If x_0 is an ordinary point of the ordinary differential equation, expand y in a Taylor series about x_0. Commonly, the expansion point can be taken as x_0=0, resulting in the Maclaurin series

y=sum_(n=0)^inftya_nx^n.
(1)

Plug y back into the ODE and group the coefficients by power. Now, obtain a recurrence relation for the nth term, and write the series expansion in terms of the a_ns. Expansions for the first few derivatives are

y=sum_(n=0)^(infty)a_nx^n
(2)
y^'=sum_(n=1)^(infty)na_nx^(n-1)
(3)
=sum_(n=0)^(infty)(n+1)a_(n+1)x^n
(4)
y^('')=sum_(n=2)^(infty)n(n-1)a_nx^(n-2)
(5)
=sum_(n=0)^(infty)(n+2)(n+1)a_(n+2)x^n.
(6)

If x_0 is a regular singular point of the ordinary differential equation,

P(x)y^('')+Q(x)y^'+R(x)y=0,
(7)

solutions may be found by the Frobenius method or by expansion in a Laurent series. In the Frobenius method, assume a solution of the form

y=x^ksum_(n=0)^inftya_nx^n,
(8)

so that

y=x^ksum_(n=0)^(infty)a_nx^n
(9)
=sum_(n=0)^(infty)a_nx^(n+k)
(10)
y^'=sum_(n=0)^(infty)a_n(n+k)x^(k+n-1)
(11)
y^('')=sum_(n=0)^(infty)a_n(n+k)(n+k-1)x^(k+n-2).
(12)

Now, plug y back into the ODE and group the coefficients by power to obtain a recursion formula for the a_nth term, and then write the series expansion in terms of the a_ns. Equating the a_0 term to 0 will produce the so-called indicial equation, which will give the allowed values of k in the series expansion.
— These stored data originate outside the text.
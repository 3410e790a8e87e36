-- ===== src/Text/Number.antt =====
-- strconv.Atoi on a 64-bit machine, and the integers' order.
mod Bounds
pub mod Order
mod Defs
pub use Bounds.*
unfoldable pub use Defs.*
As an example, consider the Bessel differential equation

x^2(d^2y)/(dx^2)+x(dy)/(dx)+(x^2-m^2)y=0.
(13)

Plugging (◇) into (◇) yields

sum_(n=0)^infty(k+n)(k+n-1)a_nx^(k+n)+sum_(n=0)^infty(k+n)a_nx^(k+n) +sum_(n=2)^inftya_(n-2)x^(k+n)-m^2sum_(n=0)^inftya_nx^(n+k)=0.
(14)

The indicial equation, obtained by setting n=0, is then

a_0[k(k-1)+k-m^2]=a_0(k^2-m^2)=0.
(15)

Since a_0 is defined as the first nonzero term, k^2-m^2=0, so k=+/-m. For illustration purposes, ignore k=-m and consider only the case k=m (avoiding the special case m!=1/2), then equation (14) requires that

a_1(2m+1)=0
(16)

(so a_1=0) and

[a_nn(2m+n)+a_(n-2)]x^(m+n)=0
(17)

for n=2, 3, ..., so

a_n=-1/(n(2m+n))a_(n-2)
(18)

for n>1. Plugging back in to (◇), rearranging, and simplifying then gives the series solution that defined the Bessel function of the first kind J_m(x), which is the nonsingular solution to (◇). (Considering the case m=-k proceeds analogously and results in the solution J_(-m)(x)=(-1)^mJ_m(x).)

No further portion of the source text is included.